In diesem Beitrag werden wir uns die Geburt eines Babys detailliert ansehen. Wir werden betrachten in welcher Phase der Geburt sich das Baby wie genau einstellt. Darüber hinaus wird erklärt welche Dysfunktionsmuster in Hinsicht auf das Craniosacrale System hier jeweils resultieren können.
Auf Grund der fachlichen Komplexität ist dieser Beitrag eher an Studenten der Osteopathie bzw. Osteopathen die bereits mit Säuglingen arbeiten gerichtet.
Der Kopf ist in 96 % aller Geburten das führende Körperteil. Aus diesem Grund muss sich der kindliche Schädel optimal dem knöchernen Becken und auch dem muskulären Geburtskanal anpassen. Dafür besitzt er eine spezifische Anatomie.
Betrachten wir zunächst einmal den kindlichen Schädel zur Zeit der Geburt etwas genauer:
- Die Entwicklung des kindlichen Schädels, Wachstumsdynamiken und die Dura.
Embryonales Bindegewebe wird als Mesenchym bezeichnet, was auf seinen mesodermalen Ursprung hinweist. Unter dem Einfluss von Zugkräften bildet es Membranen, bei Kompression entwickelt es sich zu Knorpel.
Die Schädelbasis entsteht aus Mesenchym, welches sich als Reaktion auf Druck um die Chorda dorsalis herum verdichtet hat. Sobald die mesenchymale Struktur zwischen dem wachsenden Gehirn und dem sich entwickelnden Herzen komprimiert wird, wird diese zu Knorpelgewebe. Anschließend verknöchert Sie. Dies nennt man chondrale Ossifikation. Die Knochen an der Schädelbasis sind embryologisch also durch Kompression entstanden. Beim Druckkräften der Geburt neigen diese Knochen eher dazu in der Kompression zu verharren und man findet diese Muster später wieder.
Das Schädeldach hingegen verknöchert direkt innerhalb der Membranen. Diese bilden sich wenn das oben genannte Mesenchym gedehnt wird. Die Schädeldachknochen sind embryologisch durch Ausdehnung entstanden und sind eher vorgesehen sich unter der Geburt stark zu verschieben. Sie können sich später wieder relativ rasch durch Ausdehnung in ihre ursprüngliche Form zurückfinden.
Intraossäre Dysfunktionsmuster
Für intraossäre Dysfunktionen sind vor allem Knochen anfällig, die bei der Geburt aus mehreren Teilen bestehen. Hierbei sind vor allem das Os Occipitale, Os Sphenoidale und das Os Temporale zu nennen. Durch den Geburtsprozess kommt es häufig vor, das unphysiologische Kompressions-und Torsionsmuster entstehen. Ein sehr wichtiger Bestandteil bei der Arbeit mit intraossären Dysfunktionen ist das sich einstimmen auf die Flüssigkeitsebene. Wir arbeiten indem wir dem Knochen und der Flüssigkeit „Raum“ und Vorschläge einer Korrektur anbieten. In ständiger Verbundenheit und Dialog mit der entsprechenden Struktur ohne dieser den nötigen Raum zu nehmen oder einer Selbstkorrektur „im Weg zu stehen“.

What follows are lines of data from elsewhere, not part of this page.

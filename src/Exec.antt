-- ===== src/Exec.antt =====
-- internal/agent/exec: the environment a command runs with (env.go, env_unix.go, env_windows.go) and the stream its
-- output goes to (stream.go).
pub mod Env
pub mod Sink
mod Examples
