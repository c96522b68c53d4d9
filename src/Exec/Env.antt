-- ===== src/Exec/Env.antt =====
-- internal/agent/exec/env.go: the base environment and the entries that a request puts over it. The map of mergeEnv is an
-- association list. strings.ToUpper, os.Getenv and os.UserHomeDir are arguments.
pub mod Merged
pub mod Reading
pub mod Held
pub mod Latest
pub mod Allowed
use f1337_mcp.Prelude.{
  ℕ, zero, suc, ◌+◌, ◌-◌, ◌*◌, ◌/◌, ◌%◌, ◌^◌, ◌≤◌, ◌<◌, ◌≡◌, refl, sym, ap, ◌∙◌, ◌≢◌, ◌↔◌, ◌⊎◌, inl,
  inr, Bool, true, false, not, ◌&&◌, ◌||◌, Option, none, some, List, [], ◌∷◌, ◌++◌, map,
  append_assoc, append-nil, arith, ltb, leb, ◌==◌, if◌then◌else◌, ltb→lt, lt→ltb, ==_iff,
  Bool-cases, Option-cases, is_some, length, get_elem?, get_or, set, take, drop, replicate, any,
  all, All, length-append, length-set, length-replicate, length-take, length-drop, take-append-drop,
  get_or-set_self, get_or-set_ne, Text, codes, eq_text, eq_text_iff, eq_text_refl, has_prefix,
  is_space, trim_left, trim_space, contains_byte, lower_byte,
}

-- strings.Cut at the first "="
unfoldable pub cut_equals : Text → Option (Text × Text)
cut_equals [] = none
cut_equals (c ∷ s) =
    let rest = cut_equals s in
    if c == 61 then some ([], s) else elim rest [ none ↦ none | some (k, v) ↦ some (c ∷ k, v) ]

-- What strings.Cut answers as `before`, and as `after`.
unfoldable pub before_cut : Text → Option (Text × Text) → Text
before_cut s none = s
before_cut s (some (k, v)) = k

unfoldable pub after_cut : Option (Text × Text) → Text
after_cut none = []
after_cut (some (k, v)) = v

-- The constants that differ by platform.
pub record Platform : Type 0 where
  pub home_var : Text
  pub case_insensitive_env : Bool
  pub default_path : Text
  pub temp_vars : List Text
  pub passthrough : List Text

abbrev pub locale_vars : List Text
locale_vars = codes "LANG" ∷ codes "LC_ALL" ∷ codes "LC_CTYPE" ∷ codes "LC_MESSAGES" ∷ []

abbrev pub windows_passthrough : List Text
windows_passthrough =
    codes "SystemRoot"
    ∷ codes "SystemDrive"
    ∷ codes "windir"
    ∷ codes "COMSPEC"
    ∷ codes "PATHEXT"
    ∷ codes "APPDATA"
    ∷ codes "LOCALAPPDATA"
    ∷ codes "NUMBER_OF_PROCESSORS"
    ∷ codes "PROCESSOR_ARCHITECTURE"
    ∷ codes "PROCESSOR_IDENTIFIER"
    ∷ codes "ProgramData"
    ∷ codes "ProgramFiles"
    ∷ codes "ProgramFiles(x86)"
    ∷ codes "CommonProgramFiles"
    ∷ codes "PUBLIC"
    ∷ []

-- `passthroughFor`
unfoldable pub passthrough_for : Text → List Text
passthrough_for goos = if eq_text goos (codes "windows") then windows_passthrough else []

-- env_unix.go
abbrev pub unix_platform : Platform
unix_platform = record {
  home_var = codes "HOME";
  case_insensitive_env = false;
  default_path = codes "/usr/local/sbin:/usr/local/bin:/usr/sbin:/usr/bin:/sbin:/bin";
  temp_vars = codes "TMPDIR" ∷ [];
  passthrough = [];
}

-- env_windows.go
abbrev pub windows_platform : Platform
windows_platform = record {
  home_var = codes "USERPROFILE";
  case_insensitive_env = true;
  default_path = codes "C:\\Windows\\system32;C:\\Windows;C:\\Windows\\System32\\Wbem";
  temp_vars = codes "TEMP" ∷ codes "TMP" ∷ [];
  passthrough = windows_passthrough;
}

pub data EnvError : Type 0 where
  not_key_value : EnvError
  empty_name : EnvError
  nul_byte : EnvError

unfoldable pub check_cut : Text → Option (Text × Text) → Option EnvError
check_cut entry none = some not_key_value
check_cut entry (some (key, v)) =
    if eq_text key []
    then some empty_name
    else if contains_byte 0 entry
    then some nul_byte
    else none

unfoldable pub check_env_entry : Text → Option EnvError
unfolding check_cut cut_equals
check_env_entry entry = check_cut entry (cut_equals entry)

-- A map from keys to positions, the last entry for a key first.
unfoldable pub at_key : List (Text × ℕ) → Text → Option ℕ
at_key [] k = none
at_key ((k', i) ∷ m) k = let rest = at_key m k in if eq_text k' k then some i else rest

pub record Merging : Type 0 where
  pub merged : List Text
  pub index : List (Text × ℕ)

abbrev pub nothing_merged : Merging
nothing_merged = record { merged = []; index = [] }

-- Either the environment, or the error for an entry.
pub data MergedEnv : Type 0 where
  env : List Text → MergedEnv
  refused : EnvError → MergedEnv

pub env-injective : (a b : List Text) → MergedEnv.env a ≡ MergedEnv.env b → a ≡ b
env-injective a b h = cc

module _ (upper : Text → Text) (p : Platform) where
  -- `envKey`, and the same of a name that is looked for
  unfoldable pub folded_name : Text → Text
  folded_name name = if p.case_insensitive_env then upper name else name

  unfoldable pub env_key : Text → Text
  unfolding folded_name before_cut cut_equals
  env_key entry = folded_name (before_cut entry (cut_equals entry))

  unfoldable pub put_entry : Text → Option ℕ → Merging → Merging
  put_entry entry (some i) s = record s { merged = set s.merged i entry }
  put_entry entry none s = record {
    merged = s.merged ++ (entry ∷ []);
    index = (env_key entry, length s.merged) ∷ s.index;
  }

  -- `set` in mergeEnv
  unfoldable pub set_entry : Merging → Text → Merging
  unfolding put_entry
  set_entry s entry = put_entry entry (at_key s.index (env_key entry)) s

  unfoldable pub set_base : Merging → List Text → Merging
  unfolding set_entry
  set_base s [] = s
  set_base s (entry ∷ entries) = set_base (set_entry s entry) entries

  unfoldable pub set_overrides : Merging → List Text → MergedEnv
  unfolding set_entry check_env_entry
  set_overrides s [] = env s.merged
  set_overrides s (entry ∷ entries) =
      let rest = set_overrides (set_entry s entry) entries in
      elim (check_env_entry entry) [ some e ↦ refused e | none ↦ rest ]

  -- `mergeEnv`
  unfoldable pub merge_env : List Text → List Text → MergedEnv
  unfolding set_base set_overrides at_key
  merge_env base overrides = set_overrides (set_base nothing_merged base) overrides

  -- `envValue`: the loop over the first entries, from the last of them
  unfoldable pub value_below : List Text → Text → ℕ → Option Text
  unfolding env_key after_cut
  value_below entries want zero = none
  value_below entries want (suc i) =
      let rest = value_below entries want i in
      let entry = get_or entries i [] in
      if eq_text (env_key entry) want then some (after_cut (cut_equals entry)) else rest

  unfoldable pub env_value : List Text → Text → Option Text
  unfolding value_below folded_name
  env_value entries name = value_below entries (folded_name name) (length entries)

  module _ (get : Text → Text) (user_home_dir : Option Text) where
    unfoldable pub base_path : Text
    base_path = let path = get (codes "PATH") in if eq_text path [] then p.default_path else path

    unfoldable pub base_home : Text
    base_home =
        let home = get p.home_var in
        if not (eq_text home []) then home else elim user_home_dir [ some h ↦ h | none ↦ [] ]

    -- A loop of buildBaseEnv over names: the entries that it adds.
    unfoldable pub entries_for : List Text → List Text
    entries_for [] = []
    entries_for (name ∷ names) =
        let rest = entries_for names in
        if eq_text (get name) [] then rest else (name ++ (61 ∷ get name)) ∷ rest

    -- `buildBaseEnv`
    unfoldable pub build_base_env : List Text
    unfolding base_path base_home entries_for
    build_base_env =
        (codes "PATH" ++ (61 ∷ base_path))
        ∷ ((if eq_text base_home [] then [] else (p.home_var ++ (61 ∷ base_home)) ∷ [])
            ++ (entries_for p.temp_vars ++ (entries_for locale_vars ++ entries_for p.passthrough)))

    -- `Environment`
    unfoldable pub environment : List Text → MergedEnv
    unfolding build_base_env merge_env
    environment overrides = merge_env build_base_env overrides
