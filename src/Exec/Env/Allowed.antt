-- ===== src/Exec/Env/Allowed.antt =====
-- Where the entries of the environment that internal/agent/exec/env.go makes come from.
use f1337_mcp.Prelude.{
  Has-append_right, Has-append_left, All-both, All-put, Has, ℕ, suc, ◌≡◌, refl, inl, inr, Bool,
  true, false, Option, none, some, List, [], ◌∷◌, ◌++◌, if◌then◌else◌, Bool-cases, Option-cases,
  All, Text, codes, eq_text,
}
use f1337_mcp.Exec.Env.{
  Platform, Merging, nothing_merged, env, env_key, put_entry, set_entry, set_base, set_overrides,
  merge_env, at_key, env-injective, check_env_entry, environment, build_base_env, base_path,
  base_home, entries_for, locale_vars,
}

module _ (P : Text → Type 0) where
  module _ (upper : Text → Text) (p : Platform) where
    put_entry-All :
        (s : Merging) (entry : Text) (o : Option ℕ)
        → All P s.merged
        → P entry
        → All P (put_entry upper p entry o s).merged
    unfolding put_entry
    put_entry-All s entry (some i) h k = All-put P s.merged i entry h k
    put_entry-All s entry none h k = All-both P s.merged (entry ∷ []) h (k, tt)

    set_base-All :
        (s : Merging) (entries : List Text)
        → All P s.merged
        → All P entries
        → All P (set_base upper p s entries).merged
    unfolding set_base
    set_base-All s [] h k = h
    set_base-All s (e ∷ es) h k =
        set_base-All (set_entry upper p s e) es
          (put_entry-All s e (at_key s.index (env_key upper p e)) h k.0) k.1

    set_overrides-All :
        (s : Merging) (entries : List Text) {l : List Text}
        → ((e : Text) → Has entries e → check_env_entry e ≡ none → P e)
        → All P s.merged
        → set_overrides upper p s entries ≡ env l
        → All P l
    unfolding set_overrides
    set_overrides-All s [] k h ok = rw (← env-injective _ _ ok) h
    set_overrides-All s (e ∷ es) k h ok = elim (Option-cases (check_env_entry e)) [
      | inl fine ↦
          set_overrides-All (set_entry upper p s e) es (λ x m. k x (suc m.0, m.1))
            (put_entry-All s e (at_key s.index (env_key upper p e)) h (k e (0, refl) fine))
            (rw (set_overrides, fine) at ok)
      | inr (x, bad) ↦ absurd (cc (rw (set_overrides, bad) at ok))
    ]

module _ (upper : Text → Text) (p : Platform) (get : Text → Text)
    (user_home_dir : Option Text) where
  -- What an entry of the environment may be: PATH, the home directory, a variable of the fixed lists that is set, or an
  -- entry of the request that is well formed.
  pub data Origin (overrides : List Text) (e : Text) : Type 0 where
    path : e ≡ codes "PATH" ++ (61 ∷ base_path upper p get user_home_dir) → Origin overrides e
    home :
        eq_text (base_home upper p get user_home_dir) [] ≡ false
        → e ≡ p.home_var ++ (61 ∷ base_home upper p get user_home_dir)
        → Origin overrides e
    listed :
        (name : Text)
        → Has (p.temp_vars ++ (locale_vars ++ p.passthrough)) name
        → eq_text (get name) [] ≡ false
        → e ≡ name ++ (61 ∷ get name)
        → Origin overrides e
    requested : Has overrides e → check_env_entry e ≡ none → Origin overrides e

  entries_for-All :
      (P : Text → Type 0) (names : List Text)
      → ((name : Text)
          → Has names name
          → eq_text (get name) [] ≡ false
          → P (name ++ (61 ∷ get name)))
      → All P (entries_for upper p get user_home_dir names)
  unfolding entries_for
  entries_for-All P [] h = tt
  entries_for-All P (name ∷ names) h =
      let rest = entries_for-All P names (λ n m. h n (suc m.0, m.1)) in
      elim (Bool-cases (eq_text (get name) [])) [
        | inl unset ↦ rw unset rest
        | inr is_set ↦ rw is_set (h name (0, refl) is_set, rest)
      ]

  home-All :
      (overrides : List Text) (b : Bool)
      → eq_text (base_home upper p get user_home_dir) [] ≡ b
      → All
          (Origin overrides)
          (if b then [] else (p.home_var ++ (61 ∷ base_home upper p get user_home_dir)) ∷ [])
  home-All overrides true q = tt
  home-All overrides false q = (home q refl, tt)

  build_base_env-Origin :
      (overrides : List Text) → All (Origin overrides) (build_base_env upper p get user_home_dir)
  unfolding build_base_env
  build_base_env-Origin overrides =
      let P = Origin overrides in
      let pick : (l : List Text)
          → ((n : Text) → Has l n → Has (p.temp_vars ++ (locale_vars ++ p.passthrough)) n)
          → All P (entries_for upper p get user_home_dir l) =
        λ l k. entries_for-All P l (λ n m g. listed n (k n m) g refl) in
      let t =
        pick p.temp_vars (λ n m. Has-append_left p.temp_vars (locale_vars ++ p.passthrough) n m) in
      let c = pick locale_vars (λ n m.
        Has-append_right p.temp_vars (locale_vars ++ p.passthrough) n
          (Has-append_left locale_vars p.passthrough n m)) in
      let w = pick p.passthrough (λ n m.
        Has-append_right p.temp_vars (locale_vars ++ p.passthrough) n
          (Has-append_right locale_vars p.passthrough n m)) in
      (
        path refl,
        All-both P _ _ (home-All overrides (eq_text (base_home upper p get user_home_dir) []) refl)
            (All-both P _ _ t (All-both P _ _ c w)),
      )

  -- Every entry of the environment of a command is PATH, the home directory, a variable of the
  -- fixed lists that is set, or an entry of the request that is well formed.
  pub environment-Origin :
      (overrides : List Text) {l : List Text}
      → environment upper p get user_home_dir overrides ≡ env l
      → All (Origin overrides) l
  unfolding environment merge_env
  environment-Origin overrides ok =
      let base = build_base_env upper p get user_home_dir in
      set_overrides-All (Origin overrides) upper p (set_base upper p nothing_merged base) overrides
        (λ e m fine. requested m fine)
        (set_base-All (Origin overrides) upper p nothing_merged base tt
          (build_base_env-Origin overrides))
        ok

Die oben genannten Schädelknochen einzeln betrachtet:
Das Os Occipitale
Das sogenannte Hinterhauptsbein besteht zum Zeitpunkt der Geburt aus vier Teilen- der Squama occipitales, den beiden Pars Condylares und der Pars Basilaris. Diese folgenden Dysfunktionsmuster sind häufig am Os Occipitale zu finden:
- Kompression der Squama im Verhältnis zu den Partes condylares
- Posterior-anteriore Kompression des Os Occipitalein Richtung Sphenobasilargelenk
- Kompression der Partes Condylares nach medial
Das Os Sphenoidale
Das Os Sphenoidale (Keilbein) besteht bei der Geburt aus drei Teilen. Die zwei Alae majores mit den Procc. Pterygoidei sind jeweils durch eine Knorpelzone mit dem Corpus und den Alae minores verbunden. Beim Keilbein können alle möglichen Arten von Dysfunktionsmustern auftreten:
- Torsion der seitlichen Sphenoidteile in Bezug zum Corpus
- Vertikale Verschiebung
- Kompression der seitlichen Teile
Das Os Temporale
Zur Zeit der Geburt besteht das Os Temporale aus zwei Teilen, dem Pars Squamose und dem Pars Petrosa. Die Pars Tympanica verbindet sich mit den anderen Teilen schon im siebten SS Monat. Nichts desto trotz kann auch Sie eine intraossäre Dysfunktion aufweisen.
Nach der Geburt sind dünne Knocheninseln innerhalb der Sie umgebenden Membranen (nun als Periost) sichtbar und tastbar. Zwischen diesen Knocheninseln sind freie durale Anteile sehr offensichtlich–> Fontanellen. Alle Knochenanteile schwimmen auf der Sie verbindenden und zusammenhaltenden Dura. Diese bildet auch einen enormen Schutz bei der Geburt: Stichwort Duraler Gürtel.
Vor allem das ventrale Durale Band (Septum transversum ant.) ist zum Zeitpunkt der Geburt acht mal stärker als das Tentorium.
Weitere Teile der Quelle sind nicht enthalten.